C’è una voce piccola nel mio cervello mentre sorseggio un cappuccino al Moraro, periferia di Vicenza. Quasi un sussurro. Mi dice che devo scappare. Infilarmi le scarpe e andare sotto pioggia, sole, neve e persino grandine. Fermarmi in posti che sanno di ferro, vino e roba fritta. Lavarmi di notte alle stazioni di servizio di qualche pianura sperduta, quei distributori che hanno la canna d’acqua verde a strisce gialle sempre in funzione, sempre attaccata al rubinetto. Ne sono rimasti pochi? Non importa, li troverò di sicuro.
Lascio in un cassetto della scrivania, in una casa – che potrebbe poi ridursi in macerie per terremoto e/o tritolo, oppure che potrebbe essere venduta, pignorata, occupata, saccheggiata – le mie protesi elettroniche. Sottospecie di ombelico in cancrena che mi tiene legato al mondo dei desideri. Che è sempre peggio del malaffare, della birra consumata con la schiena appoggiata al muro di un ponte, mentre dal fiume sale il profumo fetido di fogna.
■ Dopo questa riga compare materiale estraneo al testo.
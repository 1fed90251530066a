-- ===== src/Aof/Tokens.antt =====
-- The checks of single tokens and of the `XGROUP` and `XCLAIM` arguments in
-- scripts/runtime_epoch_redis_aof.py.
use kairos_deploy.Base.{
  ◌≡◌, ap, ◌∙◌, inl, inr, Bool-cases, &&_true, bound, >>=-Bound, ok-injective, ℕ, suc, ◌-◌, ◌^◌,
  Bool, true, false, not, ◌&&◌, ◌||◌, Option, none, some, List, [], ◌∷◌, ok, err, ◌>>=◌, ◌>>◌,
  raise_if, length, ltb, leb, ◌==◌, if◌then◌else◌,
}
use kairos_deploy.Base.Bytes.{
  Bytes, codes, bytes_eq, bytes_eq_sound, is_ascii, all_digits, number, is_canonical_number,
  split_dash, is_consumer, upper,
}
use kairos_deploy.Aof.Codes.{
  Checked, stream_id_invalid, malformed_or_truncated, unknown_command_or_key,
  consumer_identity_invalid, topic, group,
}
use kairos_deploy.Aof.Codes.{AofError}

-- `ms`, `seq` and the dash between them, within 64 bits each and not both zero.
stream_id_parts : Bytes → Bytes → Bool → Bool
stream_id_parts ms seq allow_zero =
    is_canonical_number ms
    && is_canonical_number seq
    && leb (length ms) 20
    && leb (length seq) 20
    && leb (number ms) (2 ^ 64 - 1)
    && leb (number seq) (2 ^ 64 - 1)
    && not (number ms == 0 && number seq == 0 && not allow_zero)

-- `_stream_id`: every refusal carries the same code.
unfoldable pub stream_id : Bytes → Bool → Checked Bytes
unfolding stream_id_parts
stream_id value allow_zero =
    if not (is_ascii value) then err stream_id_invalid else elim (split_dash value) [
      | none ↦ err stream_id_invalid
      | some p ↦ if stream_id_parts p.0 p.1 allow_zero then ok value else err stream_id_invalid
    ]

-- `_unsigned`
unfoldable pub unsigned : Bytes → ℕ → AofError → Checked ℕ
unsigned value maximum code =
    if length value == 0 || ltb 20 (length value) || not (all_digits value)
    then err malformed_or_truncated
    else if ltb maximum (number value)
    then err code
    else ok (number value)

pub data GroupCommand : Type 0 where
  create setid : GroupCommand

-- The identifier that both forms of `XGROUP` name.
group_id : Bytes → GroupCommand → Checked GroupCommand
group_id sid form =
    if bytes_eq sid (codes "$") || bytes_eq sid (codes "0")
    then ok form
    else stream_id sid true >> ok form

-- The shape of the arguments behind `XGROUP`, by their number.
group_form : List Bytes → Checked GroupCommand
group_form (op ∷ key ∷ grp ∷ sid ∷ []) = err unknown_command_or_key
group_form (op ∷ key ∷ grp ∷ sid ∷ a ∷ []) =
    if bytes_eq op (codes "CREATE") && bytes_eq a (codes "MKSTREAM")
    then ok create
    else err unknown_command_or_key
group_form (op ∷ key ∷ grp ∷ sid ∷ a ∷ b ∷ []) =
    if bytes_eq op (codes "SETID") && bytes_eq a (codes "ENTRIESREAD")
    then unsigned b (2 ^ 63 - 1) malformed_or_truncated >> ok setid
    else err unknown_command_or_key
group_form _ = err unknown_command_or_key

-- `_valid_group_args`
unfoldable pub valid_group_args : List Bytes → Checked GroupCommand
unfolding group_id group_form
valid_group_args (op ∷ key ∷ grp ∷ sid ∷ more) =
    if not (bytes_eq key topic) || not (bytes_eq grp group)
    then err unknown_command_or_key
    else group_form (op ∷ key ∷ grp ∷ sid ∷ more) >>= group_id sid
valid_group_args _ = err unknown_command_or_key

-- The operation that a form stands for.
abbrev pub op_of : GroupCommand → Bytes
op_of create = codes "CREATE"
op_of setid = codes "SETID"

group_form-op :
    (op key grp sid : Bytes) (more : List Bytes) (form : GroupCommand)
    → group_form (op ∷ key ∷ grp ∷ sid ∷ more) ≡ ok form
    → op ≡ op_of form
unfolding group_form
group_form-op op key grp sid [] form h = cc
group_form-op op key grp sid (a ∷ []) form h =
    elim (Bool-cases (bytes_eq op (codes "CREATE") && bytes_eq a (codes "MKSTREAM"))) [
      | inl both ↦
          bytes_eq_sound op (codes "CREATE") (&&_true _ _ both).0
          ∙ ap op_of (ok-injective (rw both at h))
      | inr other ↦ cc (rw other at h)
    ]
group_form-op op key grp sid (a ∷ b ∷ []) form h =
    elim (Bool-cases (bytes_eq op (codes "SETID") && bytes_eq a (codes "ENTRIESREAD"))) [
      | inl both ↦
          elim (>>=-Bound (unsigned b (2 ^ 63 - 1) malformed_or_truncated) _ (rw both at h)) [
            | bound _ _ h1 ↦
                bytes_eq_sound op (codes "SETID") (&&_true _ _ both).0 ∙ ap op_of (ok-injective h1)
          ]
      | inr other ↦ cc (rw other at h)
    ]
group_form-op op key grp sid (a ∷ b ∷ c ∷ more) form h = cc

group_id-same :
    (sid : Bytes) (form form' : GroupCommand) → group_id sid form ≡ ok form' → form ≡ form'
unfolding group_id
group_id-same sid form form' h =
    elim (Bool-cases (bytes_eq sid (codes "$") || bytes_eq sid (codes "0"))) [
      | inl fixed ↦ ok-injective (rw fixed at h)
      | inr other ↦ elim (>>=-Bound (stream_id sid true) _ (rw other at h)) [
        | bound _ _ h1 ↦ ok-injective h1
      ]
    ]

-- Arguments of `XGROUP` that are accepted begin with the operation of their form.
pub valid_group_args-op :
    (args : List Bytes) (form : GroupCommand)
    → valid_group_args args ≡ ok form
    → (more : List Bytes) × (args ≡ op_of form ∷ more)
unfolding valid_group_args
valid_group_args-op (op ∷ key ∷ grp ∷ sid ∷ more) form h =
    elim (Bool-cases (not (bytes_eq key topic) || not (bytes_eq grp group))) [
      | inl other ↦ cc (rw (other, valid_group_args) at h)
      | inr exact ↦
          elim (>>=-Bound (group_form (op ∷ key ∷ grp ∷ sid ∷ more)) (group_id sid)
            (rw (exact, valid_group_args) at h)) [
              | bound form' e h1 ↦ (
                key ∷ grp ∷ sid ∷ more,
                ap (λ (x : Bytes). x ∷ key ∷ grp ∷ sid ∷ more)
                    (group_form-op op key grp sid more form' e
                      ∙ ap op_of (group_id-same sid form' form h1)),
              )
            ]
    ]
valid_group_args-op _ form h = cc

-- The options of `XCLAIM`, in the order in which they may stand.
pub data ClaimOption : Type 0 where
  time retrycount force justid lastid : ClaimOption

-- `options`, as a lookup by name.
claim_option : Bytes → Option ClaimOption
claim_option name =
    if bytes_eq name (codes "TIME")
    then some time
    else if bytes_eq name (codes "RETRYCOUNT")
    then some retrycount
    else if bytes_eq name (codes "FORCE")
    then some force
    else if bytes_eq name (codes "JUSTID")
    then some justid
    else if bytes_eq name (codes "LASTID")
    then some lastid
    else none

-- `option_order`, counted from 1 so that 0 stands for the source's initial -1.
claim_order : ClaimOption → ℕ
claim_order time = 1
claim_order retrycount = 2
claim_order force = 3
claim_order justid = 4
claim_order lastid = 5

takes_value : ClaimOption → Bool
takes_value force = false
takes_value justid = false
takes_value _ = true

claim_value : ClaimOption → Bytes → Checked (Unit {0})
claim_value lastid value = stream_id value true >> ok tt
claim_value _ value = unsigned value (2 ^ 63 - 1) malformed_or_truncated >> ok tt

-- The second loop of `_valid_claim`, on the arguments from `i` on.
unfoldable pub claim_options : ℕ → List Bytes → Checked (Unit {0})
unfolding claim_option claim_order takes_value claim_value
claim_options last [] = ok tt
claim_options last (opt ∷ []) = elim (claim_option (upper opt)) [
  | none ↦ err unknown_command_or_key
  | some o ↦ if leb (claim_order o) last || takes_value o then err malformed_or_truncated else ok tt
]
claim_options last (opt ∷ value ∷ more) = elim (claim_option (upper opt)) [
  | none ↦ err unknown_command_or_key
  | some o ↦ raise_if (leb (claim_order o) last) malformed_or_truncated >> elim (takes_value o) [
    | false ↦ claim_options (claim_order o) (value ∷ more)
    | true ↦ claim_value o value >> claim_options (claim_order o) more
  ]
]

-- The first loop of `_valid_claim`; `ids` counts the identifiers read so far.
unfoldable pub claim_ids : ℕ → List Bytes → Checked (Unit {0})
unfolding claim_option
claim_ids ids [] = raise_if (ids == 0) malformed_or_truncated
claim_ids ids (arg ∷ rest) = elim (claim_option (upper arg)) [
  | none ↦ stream_id arg false >> claim_ids (suc ids) rest
  | some o ↦ raise_if (ids == 0) malformed_or_truncated >> claim_options 0 (arg ∷ rest)
]

-- `_valid_claim`
unfoldable pub valid_claim : List Bytes → Checked (Unit {0})
valid_claim (key ∷ grp ∷ consumer ∷ idle ∷ first ∷ more) =
    if not (bytes_eq key topic) || not (bytes_eq grp group)
    then err unknown_command_or_key
    else raise_if (not (is_ascii consumer)) malformed_or_truncated
      >> raise_if (not (is_consumer consumer)) consumer_identity_invalid
      >> unsigned idle (2 ^ 63 - 1) malformed_or_truncated
      >> claim_ids 0 (first ∷ more)
valid_claim _ = err unknown_command_or_key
E lo combatti con i Clash che ti salgono in testa e con un biascichio fumoso con un amico. Incredibilmente seriale tanto da risultare perfetto.
Quante colazioni ci siamo persi? Leggere giornali in lingua francese alle 5 di mattina in una baracca canadese? Non l’abbiamo mai fatto, ma tu hai scoperto il dolore e la noia del mediterraneo, hai scoperto che tra le due cose la differenza è talmente sottile da non valere un progetto metafisico o una filosofia buona per l’inverno, quando passi a trovare i parenti e senti il familiare profumo della naftalina negli armadi. Si tratta di vita e di come la vivi, di come ti senti quando non hai nessuno e quando non ti senti nessuno.
Allora. Se tutto questo è possibile, possiamo leggere insieme la cronaca nera. E tu potresti adirarti per tutti gli anni di soprusi di tutti i maschi verso tutte le donne. E quella spirale di violenza maschilista che traspare dalle pagine del giornale ti potrebbe mettere di pessimo umore, potrebbe diventare un buon motivo per risollevare colpe ataviche del genere maschile, potrebbe succedere mentre siamo di fronte ad un cappuccino al Moraro, come se fossimo seduti al tavolo del grill di un’autostrada deserta.
E magari la nostra storia finirebbe lì, così. Come è già successo. Ed allora mi farò un bagno sublime nel sudore del mio cuore spezzato. Assaggerò di nuovo il fiele della paura e della solitudine. Combatterò ancora i miei demoni gobbi. I mutaforma nascosti in quelle colline fetide e misteriose che sembrano proiezioni di matrici di buchi neri, più che realtà. Più che realtà, più della fottuta realtà cazzo. Quella specie di lotteria, quelle variabili affidate al caso o usate come alibi di un dovere. E mi immagino lontani, ma senza rimorsi. Forse tu in attesa della mia cartolina con gli auguri di buona pasqua. Perché a me piace la pasqua. E quando arriva metto sempre su Easter di Patti Smith sul mio vecchio piatto. E da te, mi arriveranno due righe, con le quali tu mi chiederai aiuto per una brutta storia. Allora ci ritroveremo. Ed il giorno che finalmente finirà tutto questo nel mondo, andremo in collina. A dare di nuovo fiori di gelso ai cavalli.